_Brief_
Lines below containing the word "Call" should be copied out.

[Excerpts from a dataset]
* * * * *
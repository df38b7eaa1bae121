-- ===== src/AppContext/Kept.antt =====
-- An object that the container keeps stays, whatever a client does: application_context.py.
use claimsintelligence.Base.{
  ℕ, String, ◌≡◌, refl, false, Option, none, some, [], ◌∷◌, ◌==◌, string_key, eq_iff, Bool-cases,
  inl, inr, ◌∙◌,
}
use claimsintelligence.Exec.{Exec, modify}
use claimsintelligence.Exec.Keeps.{
  Keeps, Keeps-pure, Keeps-raise, Keeps-bind, Keeps-gets, Keeps-modify, Keeps-if, Keeps-finally,
  Keeps-finally_do, Keeps-bind_gets,
}
use claimsintelligence.Dict.{Dict, get, get-set}
use claimsintelligence.AppContext.{
  ServiceDescriptor, Attributes, Call, Env, AppContext, perform, kept_or, of_container, in_scope,
  of_scope, keep_instance, keep_scoped,
}
use claimsintelligence.AppContext.Lifecycle.{
  within, dispose_scoped, dispose_known, dispose_all, cleanup_scope, enter_scope, exit_scope,
  create_scope,
}
use claimsintelligence.AppContext.Clients.{IsClient, Client-Keeps}

-- The service is registered, and its object is kept in the container.
pub record HasObject (t : String) (d : ServiceDescriptor) (o : ℕ) (s : AppContext) : Type 0 where
  pub registered : get s.services t ≡ some d
  pub kept : get s.instances t ≡ some o

module _ (env : Env) (attributes : Attributes) where
  module _ (t : String) (d : ServiceDescriptor) (o : ℕ) where
    abbrev Has : AppContext → Type 0
    Has = HasObject t d o

    outside :
        (f : AppContext → AppContext)
        → ((s : AppContext) → (f s).services ≡ s.services)
        → ((s : AppContext) → (f s).instances ≡ s.instances)
        → Keeps Has (modify f)
    outside f same_services same_instances = Keeps-modify f λ s h. record {
      registered = rw (same_services s) h.registered;
      kept = rw (same_instances s) h.kept;
    }

    perform-Has : (c : Call) → Keeps Has (perform env c)
    unfolding perform
    perform-Has c = record { after = λ s h. record { registered = h.registered; kept = h.kept } }

    other_key : (u : String) (s : AppContext) → Has s → get s.instances u ≡ none → (u == t) ≡ false
    other_key u s h e = elim (Bool-cases (u == t)) [
      | inl same ↦ cc ((eq_iff u t).0 same)
      | inr differ ↦ differ
    ]

    keep-Has : (u : String) (p : ℕ) → (u == t) ≡ false → Keeps Has (modify (keep_instance u p))
    keep-Has u p differ = Keeps-modify _ λ s h. record {
      registered = h.registered;
      kept = get-set s.instances u t p ∙ rw differ h.kept;
    }

    of_container-Has :
        (u : String) (create : Exec AppContext ℕ)
        → Keeps Has create
        → Keeps Has (of_container env attributes u create)
    of_container-Has u create kc = Keeps-bind_gets _ _ λ s h. go s h (get s.instances u) refl
      where
        go :
            (s : AppContext)
            → Has s
            → (k : Option ℕ) → get s.instances u ≡ k
            → Has (kept_or env attributes k create (keep_instance u) s).1
        go s h (some p) e = (Keeps-pure {P = Has} p).after s h
        go s h none e =
            (Keeps-bind _ _ kc
                λ p. Keeps-bind _ _ (keep-Has u p (other_key u s h e)) λ _. Keeps-pure p).after
              s h

    of_scope-Has :
        (u : String) (create : Exec AppContext ℕ)
        → Keeps Has create
        → Keeps Has (of_scope env attributes u create)
    of_scope-Has u create kc = Keeps-bind _ _ (Keeps-gets _) go
      where
        scope :
            (i : String) (k : Option ℕ)
            → Keeps Has (kept_or env attributes k create (keep_scoped i u))
        scope i (some p) = Keeps-pure p
        scope i none = Keeps-bind _ _ kc λ p.
            Keeps-bind _ _ (outside (keep_scoped i u p) (λ s. refl) (λ s. refl)) λ _. Keeps-pure p

        go : (i : Option String) → Keeps Has (in_scope env attributes u create i)
        go none = Keeps-raise _
        go (some i) = Keeps-bind _ _ (Keeps-gets _) (scope i)

    within-Has :
        {A : Type 0} (i : String) (m : Exec AppContext A)
        → Keeps Has m
        → Keeps Has (within env attributes i m)
    unfolding within
    within-Has i m km = Keeps-bind _ _ (Keeps-gets _) λ old.
        Keeps-bind _ _ (outside _ (λ s. refl) (λ s. refl))
          λ _. Keeps-finally _ _ km λ s h. record { registered = h.registered; kept = h.kept }

    dispose-Has : (e : ServiceDescriptor) (p : ℕ) → Keeps Has (dispose_scoped env attributes e p)
    dispose-Has e p =
        Keeps-if e.is_async _ _
          (Keeps-if (attributes.has_aexit p) _ _ (Keeps-bind _ _ (perform-Has _) λ _. Keeps-pure tt)
            (Keeps-if (attributes.has_method p e.cleanup_method) _ _
              (Keeps-bind _ _ (perform-Has _) λ _. Keeps-pure tt) (Keeps-pure tt)))
          (Keeps-pure tt)

    dispose_known-Has :
        (e : Option ServiceDescriptor) (p : ℕ)
        → Keeps Has (dispose_known env attributes (dispose_scoped env attributes) e p)
    dispose_known-Has none p = Keeps-raise _
    dispose_known-Has (some e) p = dispose-Has e p

    dispose_all-Has :
        (es : Dict String ℕ)
        → Keeps Has (dispose_all env attributes (dispose_scoped env attributes) es)
    unfolding dispose_all
    dispose_all-Has [] = Keeps-pure tt
    dispose_all-Has ((u, p) ∷ es) =
        Keeps-bind _ _ (Keeps-gets _)
          λ e. Keeps-bind _ _ (dispose_known-Has e p) λ _. dispose_all-Has es

    scope-Has :
        (A : Type 0) (i : String) (m : Exec AppContext A)
        → Keeps Has m
        → Keeps Has (create_scope env attributes i m)
    unfolding create_scope enter_scope exit_scope cleanup_scope
    scope-Has A i m km =
        Keeps-bind _ _
          (Keeps-bind _ _ (Keeps-gets _)
            λ old. Keeps-bind _ _ (outside _ (λ s. refl) (λ s. refl)) λ _. Keeps-pure old)
          λ old. Keeps-finally_do m _ km (
            Keeps-bind _ _
              (Keeps-bind _ _ (Keeps-gets _)
                λ es. Keeps-bind _ _ (dispose_all-Has es) λ _. outside _ (λ s. refl) (λ s. refl))
              λ _. outside _ (λ s. refl) (λ s. refl))

    pub client-Has :
        {A : Type 0} {m : Exec AppContext A} → IsClient env attributes A m → Keeps Has m
    client-Has c =
        Client-Keeps env attributes (Unit {0}) (λ _. Has) (λ _. perform-Has) (λ _. of_container-Has)
          (λ _ u create k s h r. (of_scope-Has u create k).after s h)
          (λ A i m k c. within-Has i m (k c)) (λ A i m k c. scope-Has A i m (k c)) c tt
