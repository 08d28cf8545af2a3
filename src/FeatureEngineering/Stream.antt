-- ===== src/FeatureEngineering/Stream.antt =====
-- The consumer of feature_engineering/main.py, with `insert_price` and `insert_features` of db.py.
pub mod Restart
pub mod Bounded
pub mod Late
pub mod Times
pub mod Counts
pub mod Keyed
use portfolio_engine.Prelude.{
  ℕ, suc, ◌+◌, ◌-◌, ◌*◌, String, Bool, true, false, Option, none, some, List, [], ◌∷◌, ◌++◌, map,
  drop, length, leb, ◌>>=◌, if◌then◌else◌,
}
use portfolio_engine.Float.{Float}
use portfolio_engine.Dict.{Dict, get, insert, lookup}
use portfolio_engine.Database.{PriceRow, FeatureRow, insert_new, pair_key}
use portfolio_engine.FeatureEngineering.Indicators.{
  Candle, Series, latest_feature_row, feature_cols,
}

-- The JSON text of a message, read: what the Go service writes.
pub record RawKline : Type 0 where
  pub s : String
  pub t : ℕ
  pub o : String
  pub h : String
  pub l : String
  pub c : String
  pub v : String

-- A message of the stream; `none` is a text that is not such a JSON object.
pub record Message : Type 0 where
  pub msg_id : String
  pub kline : Option RawKline

-- One of the two insertions.
pub data Write (F : Type 0) : Type 0 where
  price : PriceRow F → Write F
  features : FeatureRow F → Write F

pub record Stored (F : Type 0) : Type 0 where
  pub prices : List (PriceRow F)
  pub features : List (FeatureRow F)

-- The variables of `main`.
pub record Consumer (F : Type 0) : Type 0 where
  pub last_id : String
  pub buffers : Dict (List (Candle F))

abbrev pub buffer_size : ℕ
buffer_size = 120

-- `max(ROLLING_WINDOWS) + 2`
abbrev pub min_buffer : ℕ
min_buffer = 62

module _ {F : Type 0} where
  -- A process starts reading at "0", with no buffer.
  abbrev pub fresh : Consumer F
  fresh = record { last_id = "0"; buffers = [] }

  -- `parse_float` is Python's `float` of a text; `none` is its ValueError.
  unfoldable pub parse_kline : (String → Option F) → RawKline → Option (Candle F)
  parse_kline parse_float raw = do
    o ← parse_float raw.o
    h ← parse_float raw.h
    l ← parse_float raw.l
    c ← parse_float raw.c
    v ← parse_float raw.v
    some (record {
      symbol = raw.s;
      time = raw.t * 1000;
      open_price = o;
      high = h;
      low = l;
      close = c;
      volume = v;
    })

  abbrev pub candle_of : (String → Option F) → Message → Option (Candle F)
  candle_of parse_float m = m.kline >>= parse_kline parse_float

  -- `append` to a `deque(maxlen=120)`.
  unfoldable pub append : Candle F → List (Candle F) → List (Candle F)
  append candle buffer =
      let longer = buffer ++ candle ∷ [] in drop (length longer - buffer_size) longer

  abbrev pub price_key : PriceRow F → String × ℕ
  price_key r = (r.symbol, r.time)

  abbrev pub feature_key : FeatureRow F → String × ℕ
  feature_key r = (r.symbol, r.time)

  abbrev pub price_row : Candle F → PriceRow F
  price_row c = record {
    time = c.time;
    symbol = c.symbol;
    open_price = c.open_price;
    high = c.high;
    low = c.low;
    close = c.close;
    volume = c.volume;
  }

  -- `insert_price` and `insert_features`, which leave a row of the same time and symbol as it is.
  unfoldable pub store : Write F → Stored F → Stored F
  store (price r) t = record t { prices = insert_new price_key r t.prices }
  store (features r) t = record t { features = insert_new feature_key r t.features }

  unfoldable pub store_all : List (Write F) → Stored F → Stored F
  unfolding store
  store_all [] t = t
  store_all (w ∷ ws) t = store_all ws (store w t)

-- What is in a feature row: `feat_row.get(c)` of the columns.
module _ {F : Type 0} where
  unfoldable pub select_columns : Dict (Option F) → List String → Dict (Option F)
  select_columns row [] = []
  select_columns row (c ∷ cols) = (c, get none c row) ∷ select_columns row cols

module _ {F : Type 0} ⦃f : Float F⦄ (series : Series F) where
  -- `_buffer_to_df`: the candles by time.
  abbrev pub buffer_to_df : List (Candle F) → List (Candle F)
  buffer_to_df buf = series.sort_index buf

  -- The row that is inserted for a candle, from the candles that are at hand.
  unfoldable pub feature_row : Candle F → List (Candle F) → FeatureRow F
  unfolding select_columns
  feature_row candle candles = record {
    time = candle.time;
    symbol = candle.symbol;
    values = select_columns (latest_feature_row series (buffer_to_df candles)) feature_cols;
  }

  -- The insertions for a candle, when its buffer has become `buffer`.
  abbrev pub writes_of : Candle F → List (Candle F) → List (Write F)
  writes_of candle buffer =
      price (price_row candle)
      ∷ (if leb min_buffer (length buffer) then features (feature_row candle buffer) ∷ [] else [])

  -- The loop's body for a candle.
  unfoldable pub handle : Candle F → Consumer F → Stored F → Consumer F × Stored F
  unfolding append feature_row store_all
  handle candle k t =
      let buffer = append candle (get [] candle.symbol k.buffers) in
      (
        record k { buffers = insert candle.symbol buffer k.buffers },
        store_all (writes_of candle buffer) t,
      )

  module _ (parse_float : String → Option F) where
    -- The messages that come, in order. `false` is an exception, which nothing catches: the process
    -- ends.
    unfoldable pub run : List Message → Consumer F → Stored F → Bool × Consumer F × Stored F
    unfolding handle
    run [] k t = (true, k, t)
    run (m ∷ ms) k t =
        let seen = record k { last_id = m.msg_id } in
        elim (candle_of parse_float m) [
          | none ↦ (false, seen, t)
          | some candle ↦ let next = handle candle seen t in run ms next.0 next.1
        ]

    -- The insertions that these messages lead to, in their order.
    unfoldable pub writes : List Message → Dict (List (Candle F)) → List (Write F)
    unfolding append feature_row
    writes [] buffers = []
    writes (m ∷ ms) buffers = elim (candle_of parse_float m) [
      | none ↦ []
      | some candle ↦
          let buffer = append candle (get [] candle.symbol buffers) in
          writes_of candle buffer ++ writes ms (insert candle.symbol buffer buffers)
    ]
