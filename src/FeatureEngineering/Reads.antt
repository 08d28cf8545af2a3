-- ===== src/FeatureEngineering/Reads.antt =====
-- The loop of feature_engineering/main.py around the messages: `xread` from the last id on.
pub mod Queue
pub mod Ids
pub mod Once
use portfolio_engine.Prelude.{ℕ, String, Bool, true, Option, List, [], ◌∷◌, ◌++◌, if◌then◌else◌}
use portfolio_engine.Float.{Float}
use portfolio_engine.Database.{pair_key}
use portfolio_engine.FeatureEngineering.Indicators.{Series}
use portfolio_engine.FeatureEngineering.Stream.{Message, Stored, Consumer, run}

-- What `xread` returns: the names of streams, with messages of each.
abbrev pub Response : Type 0
Response = List (String × List Message)

abbrev pub read_count : ℕ
read_count = 10

-- `xread` of Redis: what it returns while the stream has these messages, from the message after an
-- id on, and at most so many.
abbrev pub Xread : Type 0
Xread = List Message → String → ℕ → Response

module _ {F : Type 0} ⦃f : Float F⦄ (series : Series F) (parse_float : String → Option F) where
  -- The two `for` loops. Where an exception ends the first, there is no second.
  unfoldable pub consume : Response → Consumer F → Stored F → Bool × Consumer F × Stored F
  unfolding run
  consume [] k t = (true, k, t)
  consume ((_, ms) ∷ response) k t =
      let after = run series parse_float ms k t in
      let rest = consume response after.1 after.2 in if after.0 then rest else after

  -- The `while` loop, over what is in the stream at each read. A read that returns nothing is
  -- followed by the next.
  unfoldable pub consume_loop :
      Xread → List (List Message) → Consumer F → Stored F → Bool × Consumer F × Stored F
  unfolding consume
  consume_loop xread [] k t = (true, k, t)
  consume_loop xread (stream ∷ streams) k t =
      let after = consume (xread stream k.last_id read_count) k t in
      let rest = consume_loop xread streams after.1 after.2 in if after.0 then rest else after
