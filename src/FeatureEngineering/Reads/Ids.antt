-- ===== src/FeatureEngineering/Reads/Ids.antt =====
-- The ids of messages, and `xread` as Redis documents it.
use mathlib.Core.Path.{subst}
use portfolio_engine.Prelude.{
  ℕ, ◌≡◌, ◌≢◌, refl, ap, String, List, [], ◌∷◌, ◌++◌, map, take, All, All-prefix, IsNodup,
}
use portfolio_engine.FeatureEngineering.Stream.{Message}
use portfolio_engine.FeatureEngineering.Reads.{Response, Xread}

-- The id of the last message, or else `id`.
abbrev pub last_id_of : String → List Message → String
last_id_of id [] = id
last_id_of id (m ∷ ms) = last_id_of m.msg_id ms

pub last_id_of-append :
    (id : String) (ms ns : List Message)
    → last_id_of id (ms ++ ns) ≡ last_id_of (last_id_of id ms) ns
last_id_of-append id [] ns = refl
last_id_of-append id (m ∷ ms) ns = last_id_of-append m.msg_id ms ns

-- The messages of a response, in the order of the two loops.
abbrev pub messages_of : Response → List Message
messages_of [] = []
messages_of ((_, ms) ∷ response) = ms ++ messages_of response

-- The ids differ from one another and from "0".
abbrev pub AreIds : List Message → Type 0
AreIds ms = IsNodup (map (λ m. m.msg_id) ms) × All (λ (m : Message). m.msg_id ≢ "0") ms

-- What Redis documents: `xread` gives the messages after the id, the first `n` of them, and all are
-- after "0".
pub record IsXread (xread : Xread) : Type 0 where
  pub reads_after :
      (before after : List Message) (n : ℕ)
      → AreIds (before ++ after)
      → messages_of (xread (before ++ after) (last_id_of "0" before) n) ≡ take n after

IsNodup-prefix : {A : Type 0} (xs ys : List A) → IsNodup (xs ++ ys) → IsNodup xs
IsNodup-prefix [] ys h = tt
IsNodup-prefix (x ∷ xs) ys h = (All-prefix _ xs ys h.0, IsNodup-prefix xs ys h.1)

map-append : {A B : Type 0} (g : A → B) (xs ys : List A) → map g (xs ++ ys) ≡ map g xs ++ map g ys
map-append g [] ys = refl
map-append g (x ∷ xs) ys = ap (λ l. g x ∷ l) (map-append g xs ys)

pub AreIds-prefix : (ms ns : List Message) → AreIds (ms ++ ns) → AreIds ms
AreIds-prefix ms ns (nodup, others) = (
  IsNodup-prefix (map (λ m. m.msg_id) ms) (map (λ m. m.msg_id) ns)
      (subst IsNodup (map-append (λ (m : Message). m.msg_id) ms ns) nodup),
  All-prefix _ ms ns others,
)
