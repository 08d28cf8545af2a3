-- ===== src/FeatureEngineering/Reads/Queue.antt =====
-- The reads as a queue: what has come and is not read waits, and each read takes the first ten.
use mathlib.Core.List.{append-nil, append_assoc, flatten}
use portfolio_engine.Prelude.{
  ℕ, zero, suc, ◌*◌, ◌≤◌, ◌≡◌, refl, sym, ap, ◌∙◌, List, [], ◌∷◌, ◌++◌, length, length-append,
  length-drop, take, drop, replicate, arith,
}
use portfolio_engine.FeatureEngineering.Reads.{read_count}

module _ {A : Type 0} where
  -- What is in the stream at each read, where these messages come before it.
  abbrev pub streams_of : List A → List (List A) → List (List A)
  streams_of stream [] = []
  streams_of stream (new ∷ arrivals) = (stream ++ new) ∷ streams_of (stream ++ new) arrivals

  -- What the reads take from the queue.
  abbrev pub taken : List A → List (List A) → List A
  taken queue [] = []
  taken queue (new ∷ arrivals) =
      take read_count (queue ++ new) ++ taken (drop read_count (queue ++ new)) arrivals

  pub take-drop : (n : ℕ) (xs : List A) → take n xs ++ drop n xs ≡ xs
  take-drop zero xs = refl
  take-drop (suc n) [] = refl
  take-drop (suc n) (x ∷ xs) = ap (λ l. x ∷ l) (take-drop n xs)

  short : (xs : List A) → length xs ≤ 0 → xs ≡ []
  short [] h = refl
  short (x ∷ xs) h = absurd (omega arith)

  taken_rest :
      (n : ℕ) (queue : List A)
      → length queue ≤ read_count * n
      → taken queue (replicate n []) ≡ queue
  taken_rest zero queue h = sym (short queue (omega arith))
  taken_rest (suc n) queue h =
      ap (λ q. take read_count q ++ taken (drop read_count q) (replicate n [])) (append-nil queue)
      ∙ ap (λ l. take read_count queue ++ l)
          (taken_rest n (drop read_count queue) (omega (arith, length-drop read_count queue)))
      ∙ take-drop read_count queue

  -- With enough reads after the last arrival, all is taken.
  pub taken-all :
      (n : ℕ) (queue : List A) (arrivals : List (List A))
      → length (queue ++ flatten arrivals) ≤ read_count * n
      → taken queue (arrivals ++ replicate n []) ≡ queue ++ flatten arrivals
  unfolding flatten
  taken-all n queue [] h =
      let same = append-nil queue in
      taken_rest n queue (omega (arith, h, ap length same)) ∙ sym same
  taken-all n queue (new ∷ arrivals) h =
      let q = queue ++ new in
      let rest = flatten arrivals in
      let parts : take read_count q ++ (drop read_count q ++ rest) ≡ queue ++ (new ++ rest) =
        sym (append_assoc (take read_count q) (drop read_count q) rest)
        ∙ ap (λ l. l ++ rest) (take-drop read_count q)
        ∙ append_assoc queue new rest in
      ap (λ l. take read_count q ++ l)
        (taken-all n (drop read_count q) arrivals (
          omega (
            arith,
            h,
            ap length parts,
            length-append (take read_count q) (drop read_count q ++ rest),
          )))
      ∙ parts
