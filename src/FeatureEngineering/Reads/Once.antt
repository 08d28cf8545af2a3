-- ===== src/FeatureEngineering/Reads/Once.antt =====
-- Each message of the stream is handled once, in its order.
use mathlib.Core.List.{append_assoc, flatten}
use mathlib.Core.Path.{subst}
use portfolio_engine.Prelude.{
  ℕ, zero, suc, ◌*◌, ◌≤◌, ◌≡◌, refl, sym, ap, ◌∙◌, inl, inr, String, Bool, Bool-cases, true, Option,
  Option-cases, List, [], ◌∷◌, ◌++◌, length, take, drop, replicate, arith, if◌then◌else◌,
}
use portfolio_engine.Float.{Float}
use portfolio_engine.Database.{pair_key}
use portfolio_engine.FeatureEngineering.Indicators.{Series}
use portfolio_engine.FeatureEngineering.Stream.{
  Message, Stored, Consumer, fresh, candle_of, handle, run,
}
use portfolio_engine.FeatureEngineering.Reads.{Response, Xread, read_count, consume, consume_loop}
use portfolio_engine.FeatureEngineering.Reads.Ids.{
  last_id_of, last_id_of-append, messages_of, AreIds, AreIds-prefix, IsXread,
}
use portfolio_engine.FeatureEngineering.Reads.Queue.{streams_of, taken, take-drop, taken-all}

module _ {F : Type 0} where
  -- `b` where the first run has ended without an exception.
  abbrev pub then_run :
      Bool × Consumer F × Stored F
      → (Consumer F → Stored F → Bool × Consumer F × Stored F)
      → Bool × Consumer F × Stored F
  then_run a b = let rest = b a.1 a.2 in if a.0 then rest else a

module _ {F : Type 0} ⦃f : Float F⦄ (series : Series F) (parse_float : String → Option F) where
  run-append :
      (ms ns : List Message) (k : Consumer F) (t : Stored F)
      → run series parse_float (ms ++ ns) k t
        ≡ then_run (run series parse_float ms k t) (run series parse_float ns)
  unfolding run
  run-append [] ns k t = refl
  run-append (m ∷ ms) ns k t = elim (Option-cases (candle_of parse_float m)) [
    | inl e ↦ rw (e, run) refl
    | inr (candle, e) ↦
        let next = handle series candle (record k { last_id = m.msg_id }) t in
        rw (e, run) (run-append ms ns next.0 next.1)
  ]

  run-last_id :
      (ms : List Message) (k : Consumer F) (t : Stored F)
      → (run series parse_float ms k t).0 ≡ true
      → (run series parse_float ms k t).1.last_id ≡ last_id_of k.last_id ms
  unfolding run handle
  run-last_id [] k t h = refl
  run-last_id (m ∷ ms) k t h = elim (Option-cases (candle_of parse_float m)) [
    | inl e ↦ absurd (ground (arith, rw (e, run) at h))
    | inr (candle, e) ↦
        let next = handle series candle (record k { last_id = m.msg_id }) t in
        rw (e, run) (run-last_id ms next.0 next.1 (rw (e, run) at h))
  ]

  consume-run :
      (response : Response) (k : Consumer F) (t : Stored F)
      → consume series parse_float response k t ≡ run series parse_float (messages_of response) k t
  unfolding consume run
  consume-run [] k t = refl
  consume-run ((name, ms) ∷ response) k t =
      let after = run series parse_float ms k t in
      ap (λ r. if after.0 then r else after) (consume-run response after.1 after.2)
      ∙ sym (run-append ms (messages_of response) k t)

  module _ (xread : Xread) (laws : IsXread xread) where
    reads_queue :
        (before queue new rest : List Message) (k : Consumer F) (t : Stored F)
        → AreIds (before ++ (queue ++ (new ++ rest)))
        → k.last_id ≡ last_id_of "0" before
        → consume series parse_float (xread ((before ++ queue) ++ new) k.last_id read_count) k t
          ≡ run series parse_float (take read_count (queue ++ new)) k t
    reads_queue before queue new rest k t ids same =
        let grouped : before ++ (queue ++ (new ++ rest)) ≡ (before ++ (queue ++ new)) ++ rest =
          ap (λ l. before ++ l) (sym (append_assoc queue new rest))
          ∙ sym (append_assoc before (queue ++ new) rest) in
        let known = AreIds-prefix (before ++ (queue ++ new)) rest (subst AreIds grouped ids) in
        consume-run (xread ((before ++ queue) ++ new) k.last_id read_count) k t
        ∙ ap (λ ms. run series parse_float ms k t)
            (ap (λ stream. messages_of (xread stream k.last_id read_count))
                (append_assoc before queue new)
              ∙ ap (λ id. messages_of (xread (before ++ (queue ++ new)) id read_count)) same
              ∙ laws.reads_after before (queue ++ new) read_count known)

    -- Of a stream that starts with what was read, the loop handles what the queue gives.
    consume_loop-taken :
        (before queue : List Message) (arrivals : List (List Message)) (k : Consumer F)
        (t : Stored F)
        → AreIds (before ++ (queue ++ flatten arrivals))
        → k.last_id ≡ last_id_of "0" before
        → consume_loop series parse_float xread (streams_of (before ++ queue) arrivals) k t
          ≡ run series parse_float (taken queue arrivals) k t
    unfolding consume_loop run flatten
    consume_loop-taken before queue [] k t ids same = refl
    consume_loop-taken before queue (new ∷ arrivals) k t ids same =
        let stream = (before ++ queue) ++ new in
        let now = take read_count (queue ++ new) in
        let later = drop read_count (queue ++ new) in
        let after = run series parse_float now k t in
        let next = consume_loop series parse_float xread (streams_of stream arrivals) in
        let moved : (before ++ now) ++ later ≡ stream =
          append_assoc before now later
          ∙ ap (λ l. before ++ l) (take-drop read_count (queue ++ new))
          ∙ sym (append_assoc before queue new) in
        let still : before ++ (queue ++ (new ++ flatten arrivals))
            ≡ (before ++ now) ++ (later ++ flatten arrivals) =
          sym (append_assoc before queue (new ++ flatten arrivals))
          ∙ sym (append_assoc (before ++ queue) new (flatten arrivals))
          ∙ ap (λ l. l ++ flatten arrivals) (sym moved)
          ∙ append_assoc (before ++ now) later (flatten arrivals) in
        let onward : then_run after next
            ≡ then_run after (run series parse_float (taken later arrivals)) =
          elim (Bool-cases after.0) [
            | inl e ↦
                let last : after.1.last_id ≡ last_id_of "0" (before ++ now) =
                  run-last_id now k t e
                  ∙ ap (λ id. last_id_of id now) same
                  ∙ sym (last_id_of-append "0" before now) in
                let ih =
                  consume_loop-taken (before ++ now) later arrivals after.1 after.2
                    (subst AreIds still ids) last in
                rw e (
                  subst
                    (λ s.
                      consume_loop series parse_float xread (streams_of s arrivals) after.1 after.2
                      ≡ run series parse_float (taken later arrivals) after.1 after.2)
                    moved ih)
            | inr e ↦ rw e refl
          ] in
        ap (λ a. then_run a next) (reads_queue before queue new (flatten arrivals) k t ids same)
        ∙ onward
        ∙ sym (run-append now (taken later arrivals) k t)

  flatten-rest :
      (arrivals : List (List Message)) (n : ℕ)
      → flatten (arrivals ++ replicate n []) ≡ flatten arrivals
  unfolding flatten
  flatten-rest [] zero = refl
  flatten-rest [] (suc n) = flatten-rest [] n
  flatten-rest (new ∷ arrivals) n = ap (λ l. new ++ l) (flatten-rest arrivals n)

  -- Where Redis gives what it documents and drops none of the messages, and their ids differ from
  -- one another and from "0": in whatever portions the messages arrive between the reads, if at
  -- least a tenth as many reads follow as there are messages, the loop leaves what it leaves when
  -- it handles each of them once and in order, up to the first at which an exception ends it.
  pub consume_loop-once :
      (xread : Xread) (arrivals : List (List Message)) (n : ℕ) (t : Stored F)
      → IsXread xread
      → AreIds (flatten arrivals)
      → length (flatten arrivals) ≤ read_count * n
      → consume_loop series parse_float xread (streams_of [] (arrivals ++ replicate n [])) fresh t
        ≡ run series parse_float (flatten arrivals) fresh t
  consume_loop-once xread arrivals n t laws ids enough =
      consume_loop-taken xread laws [] [] (arrivals ++ replicate n []) fresh t
        (subst AreIds (sym (flatten-rest arrivals n)) ids) refl
      ∙ ap (λ ms. run series parse_float ms fresh t) (taken-all n [] arrivals enough)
* * * * *
_Expected answer_
  ServiceDescriptor, Attributes, Call, Env, AppContext, perform, kept_or, of_container, in_scope,
    perform-Has : (c : Call) → Keeps Has (perform env c)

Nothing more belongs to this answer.